As described above, the broadband sleeve antenna using the loading coil according to the present invention is not only applicable to the PCS and the communication device of the IMT-2000 communication band by wideband transmission and reception, but also accommodates the GPS communication band in terms of bandwidth of the antenna. And an additional communication band can be accommodated.

In addition, the simple structure of the antenna can reduce the costs associated with the design and manufacture of the antenna.
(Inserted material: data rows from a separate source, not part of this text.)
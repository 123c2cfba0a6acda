-- ===== src/Command/Process.antt =====
-- The process of cmd/crated/main.go as a whole: `run` on its way, and the goroutine that waits for an
-- interrupt beside it.
use crated.Prelude.{
  ℕ, ◌≤◌, ◌<◌, String, List, Option, none, some, Result, ltb, length, take, if◌then◌else◌, ◌≡◌, All,
}
use crated.Frontend.{Frontends, AgentBridge}
use crated.RuntimeCfg.{Config, Files}
use crated.Runtime.{Outside}
use crated.Command.Setup.{Flags, Machine}
use crated.Command.Run.{Session, Life, Report, run}
use crated.Command.Shutdown.{IsHonest, Settled}
use crated.Command.Signals.{
  Event, Phase, waiting, stopping, exited, start, steps, arrivals, receives,
}

-- On the way, behind os.Exit(1) and behind the return of `run`, with the states passed until then.
pub data Process (L T A R S : Type 0) : Type 0 where
  going killed : List (Life L T A) → Process L T A R S
  returned : Report L T A R S → Process L T A R S

module _ {L T A R S : Type 0} where
  -- The run with this report has passed `n` states, and the other goroutine is in this phase: the
  -- second receive is os.Exit(1), behind which nothing deferred runs.
  unfoldable pub at_phase : Phase → ℕ → Report L T A R S → Process L T A R S
  at_phase exited n r = killed (take n r.trace)
  at_phase waiting n r = if ltb n (length r.trace) then going (take n r.trace) else returned r
  at_phase stopping n r = if ltb n (length r.trace) then going (take n r.trace) else returned r

  abbrev pub passed : Process L T A R S → List (Life L T A)
  passed (going ls) = ls
  passed (killed ls) = ls
  passed (returned r) = r.trace

  -- How it stands with the process.
  abbrev pub Stands : Report L T A R S → List Event → ℕ → Process L T A R S → Type 0
  Stands r es n (going ls) = (receives es ≤ 1) × (n < length r.trace) × (ls ≡ take n r.trace)
  Stands r es n (killed ls) = (receives es ≡ 2) × (2 ≤ arrivals es) × (ls ≡ take n r.trace)
  Stands r es n (returned r') =
      (receives es ≤ 1) × (length r.trace ≤ n) × (r' ≡ r) × Settled r'.at_return

  pub record IsSafe (r : Report L T A R S) (es : List Event) (n : ℕ) (p : Process L T A R S)
      : Type 0 where
    pub honest : All IsHonest (passed p)
    pub stands : Stands r es n p

module _ {F L T A R S : Type 0} (machine : Machine) (outside : Config → Outside L T A)
    (new_runner : String → Option A → S → Result R) (in_memory : S) (name_of : F → String)
    (serve : F → AgentBridge R S → Session) (early : List (Result String)) where
  -- The process once `run` has passed `n` states and these signals and receives have been: a frontend
  -- that does not come back is a process that stays on the way. `none`: this cannot happen.
  unfoldable pub process :
      {Fs : Type 0}
      → Frontends F
      → Files Fs
      → Fs
      → Flags
      → List Event
      → ℕ
      → Option (Process L T A R S)
  process frontends files fs o es n = elim (steps es start) [
    | none ↦ none
    | some h ↦
        elim (run machine outside new_runner in_memory name_of serve early frontends files fs o) [
          | none ↦ none
          | some r ↦ some (at_phase h.phase n r)
        ]
  ]
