-- ===== src/Command/Serving.antt =====
-- What the frontend gets to see of a run of cmd/crated/main.go, and the error of the run.
use crated.Prelude.{
  String, List, [], Option, none, some, Result, ◌≡◌, refl, arith, inl, inr, Option-cases,
  Result-cases,
}
use crated.Frontend.{Frontends, AgentBridge, get_frontend, new_agent_bridge}
use crated.Health.{Server}
use crated.RuntimeCfg.{Config, Files}
use crated.Runtime.{Agentfile, Outside, Runtime, new, init}
use crated.Runtime.States.{IsServing, init-cases, reload-IsServing}
use crated.Command.Setup.{Flags, Machine, resolve_profile, configure}
use crated.Command.Reloads.{handle_sighup-All, handle_sighup-latest}
use crated.Command.Run.{
  Session, Life, Report, health_of, ready_now, returning, serving, starting, run,
}

module _ {L T A R S : Type 0} where
  -- The same bridge and the same error.
  abbrev Agree : Option (Report L T A R S) → Option (Report L T A R S) → Type 0
  Agree none r = ⊥
  Agree (some r) none = ⊥
  Agree (some r) (some r') = (r.served ≡ r'.served) × (r.error ≡ r'.error)

  Agree-reports :
      (x y : Option (Report L T A R S)) (r r' : Report L T A R S)
      → Agree x y
      → x ≡ some r
      → y ≡ some r'
      → (r.served ≡ r'.served) × (r.error ≡ r'.error)
  Agree-reports none y r r' h p q = absurd h
  Agree-reports (some a) none r r' h p q = absurd h
  Agree-reports (some a) (some b) r r' h p q = ground (arith, h)

-- The frontend, with no signal while it runs.
abbrev pub quiet : {F B : Type 0} → (F → B → Session) → F → B → Session
quiet serve fe bridge = record (serve fe bridge) { hangups = [] }

module _ {F L T A R S : Type 0} (machine : Machine) (outside : Config → Outside L T A)
    (new_runner : String → Option A → S → Result R) (in_memory : S) (name_of : F → String)
    (serve : F → AgentBridge R S → Session) (early : List (Result String)) where
  serving-Agree :
      (o : Flags) (fe : F) (rc : Config) (health : Option Server) (rt : Runtime L T A)
      (trace : List (Life L T A))
      → IsServing rt
      → Agree
          (serving machine outside new_runner in_memory name_of serve early o fe rc health rt trace)
          (serving machine outside new_runner in_memory name_of
            (quiet serve)
            early
            o
            fe
            rc
            health
            rt
            trace)
  unfolding serving returning
  serving-Agree o fe rc health rt trace s =
      elim (Result-cases (new_agent_bridge new_runner in_memory rt.agent)) [
        | inr (e, failed) ↦ rw (failed, serving) (refl, refl)
        | inl (bridge, made) ↦
            let (models, have) = s.models_made in
            let profile = resolve_profile machine o.profile in
            let (states, h) =
              handle_sighup-latest machine (outside rc) o.agentfile_path profile rt models
                (serve fe bridge).hangups have in
            let (quiet_states, q) =
              handle_sighup-latest machine (outside rc) o.agentfile_path profile rt models []
                have in
            rw (made, h, q, serving) (refl, refl)
      ]

  starting-Agree :
      (o : Flags) (fe : F) (health : Option Server) (af : Agentfile) (rc : Config)
      → Agree
          (starting machine outside new_runner in_memory name_of serve early o fe health af rc)
          (starting machine outside new_runner in_memory name_of
            (quiet serve)
            early
            o
            fe
            health
            af
            rc)
  unfolding starting returning
  starting-Agree o fe health af rc =
      let rt = (init (outside rc) (new af)).0 in
      elim (init-cases (outside rc) af) [
        | inr (e, failed, tidy) ↦ rw (failed, starting) (refl, refl)
        | inl (fine, s) ↦
            let (models, have) = s.models_made in
            let profile = resolve_profile machine o.profile in
            let (states, h) =
              handle_sighup-latest machine (outside rc) o.agentfile_path profile rt models early
                have in
            let (last_ok, _) =
              handle_sighup-All machine (outside rc) o.agentfile_path profile IsServing
                (λ r r' af. reload-IsServing (outside rc) r r' af) rt _ early states s h in
            rw (fine, h, starting) (serving-Agree o fe rc (ready_now health) _ _ last_ok)
      ]

  run-Agree :
      {Fs : Type 0} (frontends : Frontends F) (files : Files Fs) (fs : Fs) (o : Flags)
      → Agree (run machine outside new_runner in_memory name_of serve early frontends files fs o) (
          run machine outside new_runner in_memory name_of (quiet serve) early frontends files fs o)
  unfolding run returning
  run-Agree frontends files fs o = elim (Option-cases (get_frontend o.frontend_name frontends)) [
    | inl unknown ↦ rw (unknown, run) (refl, refl)
    | inr (fe, found) ↦ elim (Result-cases (configure machine files fs o)) [
      | inr (e, failed) ↦ rw (found, failed, run) (refl, refl)
      | inl ((af, rc), read) ↦
          rw (found, read, run) (starting-Agree o fe (health_of o.health_port) af rc)
    ]
  ]

  -- No reload reaches a frontend that runs: it has the bridge, over the agent, that it would have
  -- without the signals, and the run ends with the same error.
  pub run_ignores_reloads :
      {Fs : Type 0} (frontends : Frontends F) (files : Files Fs) (fs : Fs) (o : Flags)
      (r r' : Report L T A R S)
      → run machine outside new_runner in_memory name_of serve early frontends files fs o ≡ some r
      → run machine outside new_runner in_memory name_of (quiet serve) early frontends files fs o
        ≡ some r'
      → (r.served ≡ r'.served) × (r.error ≡ r'.error)
  run_ignores_reloads frontends files fs o r r' =
      Agree-reports _ _ r r' (run-Agree frontends files fs o)
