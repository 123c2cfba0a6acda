-- ===== src/Frontend/Turn.antt =====
-- What `Chat` of internal/frontend/frontend.go reports of a turn.
use crated.Prelude.{
  ℕ, ◌<◌, ◌+◌, ◌%◌, true, List, [], ◌∷◌, map, none, some, Result, ok, err, Yield, feed, int32_mod,
  inl, inr, Option-cases, ◌≡◌, refl, arith, ap, ◌∙◌,
}
use crated.Genai.{UsageMetadata}
use crated.Frontend.{Usage, Event, AdkEvent, no_usage, add_usage, event_of, on_item, chat}

-- The events of a turn: up to the first failure, of the runner's events that have content.
abbrev pub turn : Usage → List (Result AdkEvent) → List (Result Event)
unfolding event_of
turn total [] = []
turn total (err e ∷ items) = err e ∷ []
turn total (ok e ∷ items) = elim e.content [
  | none ↦ turn total items
  | some content ↦
      let total' = add_usage total e.usage_metadata in
      ok (event_of total' e content) ∷ turn total' items
]

module _ {S : Type 0} (yield : Yield S (Result Event)) where
  feed-turn :
      (items : List (Result AdkEvent)) (s : S) (total : Usage)
      → (feed (on_item yield) (s, total) items).0.0 ≡ (feed yield s (turn total items)).0
  unfolding feed on_item turn
  feed-turn [] s total = refl
  feed-turn (err e ∷ items) s total = ground arith
  feed-turn (ok e ∷ items) s total = elim (Option-cases e.content) [
    | inl missing ↦ ground (arith, missing, feed-turn items s total)
    | inr (c, present) ↦ ground (
      arith,
      present,
      feed-turn items (yield s (ok (event_of (add_usage total e.usage_metadata) e c))).0
          (add_usage total e.usage_metadata),
    )
  ]

  -- The frontend gets the events of `turn`, in order, up to the one on which it leaves.
  pub chat-turn :
      (items : List (Result AdkEvent)) (s : S)
      → (chat yield items s).0.0 ≡ (feed yield s (turn no_usage items)).0
  unfolding chat
  chat-turn items s = feed-turn items s no_usage

-- The sum of the tokens of the runner's events that have content.
abbrev pub total_of : (UsageMetadata → ℕ) → List AdkEvent → ℕ
total_of count [] = 0
total_of count (e ∷ es) =
    let rest = total_of count es in
    elim e.content [
      | none ↦ rest
      | some _ ↦ elim e.usage_metadata [ none ↦ rest | some um ↦ count um + rest ]
    ]

-- The counters behind the events.
abbrev pub counted : Usage → List AdkEvent → Usage
counted total [] = total
counted total (e ∷ es) = elim e.content [
  | none ↦ counted total es
  | some _ ↦ counted (add_usage total e.usage_metadata) es
]

sums : (a b c : ℕ) → ((a + b) % int32_mod + c) % int32_mod ≡ (a + (b + c)) % int32_mod
sums a b c = omega arith

below : (a : ℕ) → a % int32_mod < int32_mod
below a = omega arith

module _ (field : Usage → ℕ) (count : UsageMetadata → ℕ)
    (adds : (u : Usage) (um : UsageMetadata)
      → field (add_usage u (some um)) ≡ (field u + count um) % int32_mod) where
  field-counted :
      (total : Usage) (es : List AdkEvent)
      → field total < int32_mod
      → field (counted total es) ≡ (field total + total_of count es) % int32_mod
  field-counted total [] h = ground arith
  field-counted total (e ∷ es) h = elim (Option-cases e.content) [
    | inl missing ↦ ground (arith, missing, field-counted total es)
    | inr (c, present) ↦ elim (Option-cases e.usage_metadata) [
      | inl silent ↦ ground (arith, present, silent, field-counted (add_usage total none) es)
      | inr (um, told) ↦ ground (
        arith,
        present,
        told,
        field-counted (add_usage total (some um)) es,
        adds total um,
        below (field total + count um),
        sums (field total) (count um) (total_of count es),
      )
    ]
  ]

  field-counted_all :
      (es : List AdkEvent)
      → field no_usage ≡ 0
      → field (counted no_usage es) ≡ total_of count es % int32_mod
  field-counted_all es h = ground (arith, field-counted no_usage es)

module _ {S : Type 0} (yield : Yield S (Result Event)) where
  feed-counted :
      (es : List AdkEvent) (s : S) (total : Usage)
      → (feed (on_item yield) (s, total) (map ok es)).1 ≡ true
      → (feed (on_item yield) (s, total) (map ok es)).0.1 ≡ counted total es
  unfolding feed on_item
  feed-counted [] s total h = refl
  feed-counted (e ∷ es) s total h = elim (Option-cases e.content) [
    | inl missing ↦ ground (arith, missing, feed-counted es s total)
    | inr (c, present) ↦
        let total' = add_usage total e.usage_metadata in
        ground (arith, present, feed-counted es (yield s (ok (event_of total' e c))).0 total')
  ]

  -- If the runner does not fail and the frontend stays to the end, the turn's counters are the sums
  -- of those of the runner's events that have content, modulo 2 ^ 32.
  pub chat_usage :
      (es : List AdkEvent) (s : S)
      → (chat yield (map ok es) s).1 ≡ true
      → (let u = (chat yield (map ok es) s).0.1 in
          (u.prompt_tokens ≡ total_of (λ um. um.prompt_token_count) es % int32_mod)
          × (u.completion_tokens ≡ total_of (λ um. um.candidates_token_count) es % int32_mod)
          × (u.total_tokens ≡ total_of (λ um. um.total_token_count) es % int32_mod))
  unfolding chat
  chat_usage es s h =
      let same = feed-counted es s no_usage h in
      (
        ap (λ u. u.prompt_tokens) same
            ∙ field-counted_all (λ u. u.prompt_tokens) (λ um. um.prompt_token_count) (λ u um. refl)
                es refl,
        ap (λ u. u.completion_tokens) same
            ∙ field-counted_all (λ u. u.completion_tokens) (λ um. um.candidates_token_count)
                (λ u um. refl) es refl,
        ap (λ u. u.total_tokens) same
            ∙ field-counted_all (λ u. u.total_tokens) (λ um. um.total_token_count) (λ u um. refl) es
                refl,
      )
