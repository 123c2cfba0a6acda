-- ===== src/Health/Readiness.antt =====
-- What the probes of internal/health/health.go answer over the life of a server.
use crated.Prelude.{Bool, true, false, String, List, [], ◌∷◌, if◌then◌else◌, ◌≡◌, refl, arith}
use crated.Health.{
  Server, new_server, Mark, ready, not_ready, mark, mark_all, handle_readiness, handle_liveness,
}

-- Whether the last of the calls was MarkReady.
abbrev pub ends_ready : Bool → List Mark → Bool
ends_ready before [] = before
ends_ready before (ready ∷ ms) = ends_ready true ms
ends_ready before (not_ready ∷ ms) = ends_ready false ms

ready-mark_all : (ms : List Mark) (s : Server) → (mark_all ms s).ready ≡ ends_ready s.ready ms
unfolding mark_all mark
ready-mark_all [] s = refl
ready-mark_all (ready ∷ ms) s = ready-mark_all ms (record { ready = true })
ready-mark_all (not_ready ∷ ms) s = ready-mark_all ms (record { ready = false })

-- The readiness probe of a new server answers 503 until it is marked, and then 200 exactly if the
-- last mark was that it is ready; the liveness probe answers 200 all the while.
pub probes :
    (uptime : String) (ms : List Mark)
    → ((handle_readiness uptime (mark_all ms new_server)).code
        ≡ (if ends_ready false ms then 200 else 503))
      × ((handle_liveness uptime (mark_all ms new_server)).code ≡ 200)
unfolding handle_readiness handle_liveness new_server
probes uptime ms = ground (arith, ready-mark_all ms new_server)
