-- ===== src/HttpClient/Attempts.antt =====
-- What `Do` of internal/httpclient/client.go sends and returns, whatever the outside world does.
use crated.Prelude.{
  ℕ, zero, suc, ◌≤◌, List, [], ◌∷◌, ◌++◌, Option, none, some, Error, Result, ok, err, All, length,
  ◌≡◌, refl, sym, ap, ◌∙◌, arith, ℤ, pos, ◌⊎◌, inl, inr, Bool-cases, Result-cases,
}
use mathlib.Core.List.{append_assoc, append-nil}
use crated.HttpClient.{Bytes, Reader, Request, Response, retryable, Client}
use crated.HttpClient.Exchange.{
  World, prepare, reset, drained, attempts, do_request, buffer, status_error,
}

-- A world that keeps a log of the requests that its transport was given.
pub record IsLogged {W : Type 0} (world : World W) (sent : W → List Request) : Type 0 where
  pub at_transport :
      (w : W) (t : ℤ) (r : Request) → sent (world.transport w t r).0 ≡ sent w ++ r ∷ []
  pub at_wait : (w : W) (d : ℕ) → sent (world.wait w d).0 ≡ sent w
  pub at_random : (w : W) (n : ℕ) → sent (world.random w n).0 ≡ sent w

-- The requests from `w` to `v` are at most `k`, each of them `q`.
pub record Sends {W : Type 0} (sent : W → List Request) (q : Request) (k : ℕ) (w v : W)
    : Type 0 where
  pub requests : List Request
  pub logged : sent v ≡ sent w ++ requests
  pub bounded : length requests ≤ k
  pub alike : All (λ r. r ≡ q) requests

module _ {W : Type 0} (world : World W) (sent : W → List Request) (log : IsLogged world sent) where
  -- The request as the loop holds it at the head of a round: `q` at first, and then something that
  -- resetting the body makes `q` again.
  abbrev IsReady : Request → ℕ → Request → Type 0
  IsReady q zero req = req ≡ q
  IsReady q (suc n) req = reset req ≡ ok q

  record Prepared (q : Request) (w : W) (result : W × Result Request) : Type 0 where
    unsent : sent result.0 ≡ sent w
    same : (req : Request) → result.1 ≡ ok req → req ≡ q

  prepare-Prepared :
      (q : Request) (w : W) (attempt : ℕ) (req : Request) (result : W × Result Request)
      → IsReady q attempt req
      → prepare world w attempt req ≡ some result
      → Prepared q w result
  prepare-Prepared q w zero req result h e = record {
    unsent = ground arith;
    same = λ r p. ground arith;
  }
  prepare-Prepared q w (suc n) req result h e = record {
    unsent = grind (arith, log.at_random, log.at_wait);
    same = λ r p. ground arith;
  }

  Sends-none : (q : Request) (k : ℕ) (w v : W) → sent v ≡ sent w → Sends sent q k w v
  Sends-none q k w v e = record {
    requests = [];
    logged = e ∙ sym (append-nil (sent w));
    bounded = omega arith;
    alike = tt;
  }

  Sends-cons :
      (q r : Request) (k : ℕ) (w u v : W)
      → r ≡ q
      → sent u ≡ sent w ++ r ∷ []
      → Sends sent q k u v
      → Sends sent q (suc k) w v
  Sends-cons q r k w u v same e s = record {
    requests = r ∷ s.requests;
    logged = s.logged ∙ ap (λ l. l ++ s.requests) e ∙ append_assoc (sent w) (r ∷ []) s.requests;
    bounded = omega (arith, s.bounded);
    alike = (same, s.alike);
  }

  Prepare-cases :
      (p : Option (W × Result Request))
      → (p ≡ none)
        ⊎ ((w : W) × (e : Error) × (p ≡ some (w, err e)))
        ⊎ ((w : W) × (r : Request) × (p ≡ some (w, ok r)))
  Prepare-cases none = inl refl
  Prepare-cases (some (w, err e)) = inr (inl (w, e, refl))
  Prepare-cases (some (w, ok r)) = inr (inr (w, r, refl))

  module _ (c : Client) (q : Request) (again : (n : ℕ) → IsReady q (suc n) (drained q)) where
    attempts-Sends :
        (k attempt : ℕ) (w : W) (req : Request) (last_err : Option Error)
        (last_resp : Option Response) (v : W) (result : Result (Option Response))
        → IsReady q attempt req
        → attempts world c k attempt w req last_err last_resp ≡ some (v, result)
        → Sends sent q k w v
    unfolding attempts
    attempts-Sends zero attempt w req last_err last_resp v result ready h =
        Sends-none q 0 w v (ground arith)
    attempts-Sends (suc k) attempt w req last_err last_resp v result ready h =
        elim (Prepare-cases (prepare world w attempt req)) [
          | inl panics ↦ absurd (ground arith)
          | inr (inl (w₁, e, failed)) ↦
              Sends-none q (suc k) w v
                (ground (arith, (prepare-Prepared q w attempt req (w₁, err e) ready failed).unsent))
          | inr (inr (w₁, r, prepared)) ↦
              let p = prepare-Prepared q w attempt req (w₁, ok r) ready prepared in
              let same : r ≡ q = p.same r refl in
              let (w₂, outcome) = world.transport w₁ c.http_timeout r in
              let ready' : reset (drained r) ≡ ok q = rw same (again attempt) in
              let cons =
                Sends-cons q r k w w₂ v same
                  (log.at_transport w₁ c.http_timeout r ∙ ap (λ l. l ++ r ∷ []) p.unsent) in
              elim (Result-cases outcome) [
                | inl (resp, got) ↦ elim (Bool-cases (retryable resp.status_code)) [
                  | inl again_later ↦ cons (
                      attempts-Sends k (suc attempt) w₂ (drained r)
                        (some (status_error world "HTTP %d: %s" resp)) (some resp) v result ready'
                        (ground arith))
                  | inr final ↦ cons (Sends-none q k w₂ v (ground arith))
                ]
                | inr (e, failed) ↦ cons (
                    attempts-Sends k (suc attempt) w₂ (drained r) (some e) last_resp v result ready'
                      (ground arith))
              ]
        ]

-- A request whose body can be sent again: `Do` buffers it, or `GetBody` gives a copy of it.
abbrev pub IsReplayable : Request → Type 0
IsReplayable req =
    (req.get_body ≡ none)
    ⊎ ((body : Reader) × (req.body ≡ some body) × (req.get_body ≡ some (ok body)))

abbrev pub body_bytes : Option Reader → Option Bytes
body_bytes none = none
body_bytes (some r) = some r.content

-- The same request line, headers and body.
pub record SameRequest (q req : Request) : Type 0 where
  pub method : q.method ≡ req.method
  pub url : q.url ≡ req.url
  pub headers : q.headers ≡ req.headers
  pub body : body_bytes q.body ≡ body_bytes req.body

buffer-SameRequest : (max : ℤ) (req q : Request) → buffer max req ≡ ok q → SameRequest q req
unfolding buffer
buffer-SameRequest (pos zero) req q e = ground arith
buffer-SameRequest _ req q e = ground arith

pub buffer-reset :
    (n : ℕ) (req q : Request)
    → IsReplayable req
    → buffer (pos (suc n)) req ≡ ok q
    → reset (drained q) ≡ ok q
unfolding buffer
buffer-reset n req q h e = ground arith

-- With retries on, `Do` sends at most one request more than `MaxRetries`, and each of them whole:
-- with the request's line and headers, and all of its body, however often it was sent before.
pub do_request-Sends :
    {W : Type 0} (world : World W) (sent : W → List Request) (c : Client) (w v : W) (req : Request)
    (n : ℕ) (result : Result (Option Response))
    → IsLogged world sent
    → c.opts.max_retries ≡ pos (suc n)
    → IsReplayable req
    → do_request world c w req ≡ some (v, result)
    → (q : Request) × SameRequest q req × Sends sent q (suc (suc n)) w v
unfolding do_request
do_request-Sends world sent c w v req n result log m replay h =
    elim (Result-cases (buffer (pos (suc n)) req)) [
      | inl (q, buffered) ↦ (
        q,
        buffer-SameRequest (pos (suc n)) req q buffered,
        attempts-Sends world sent log c q (λ _. buffer-reset n req q replay buffered) (suc (suc n))
            0 w q none none v result refl (ground arith),
      )
      | inr (e, failed) ↦ (
        req,
        record { method = refl; url = refl; headers = refl; body = refl },
        Sends-none world sent log req (suc (suc n)) w v (ground arith),
      )
    ]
In addition, since the external structure of the antenna for radiating electromagnetic waves is the same as the conventional sleeve antenna, when installed perpendicular to the ground plane acts as an antenna of the same directing characteristics as the conventional sleeve antenna, and installs a loading coil inside the sleeve And by modifying the structure of the dielectric inside the sleeve to stabilize the broadband and antenna impedance, it is possible to use a communication device in a variety of different frequency bands without installing a separate antenna for each communication band.

Claims (7)

A dielectric core provided with an inner space; A sleeve outer conductor surrounding an outer surface of the dielectric core and connected to an outer conductor of a feed line through a ground plane; A sleeve inner conductor located in the inner space and electrically connecting the inner center conductor of the feeder and the copier; And a loading coil electrically connected in series with the sleeve inner conductor in the inner space. The broadband sleeve antenna of claim 1, wherein first and second sleeve inner conductors are connected to both ends of the loading coil. The broadband sleeve antenna using a loading coil according to claim 1, wherein the dielectric core has a cylindrical shape in which an profile of an inner cross section is formed in an uneven shape. 2. The broadband sleeve antenna of claim 1, wherein another dielectric core and an outer conductor are stacked outside the sleeve outer conductor. The broadband sleeve antenna of claim 1, wherein the copier is divided into two parts and electrically connected to each other via another loading coil. 6. The broadband sleeve antenna of claim 5, wherein the other loading coil is wrapped by a sleeve comprising a different dielectric core and an outer conductor. The broadband sleeve antenna using a loading coil, characterized in that the tubular load is installed on the upper end of the copier.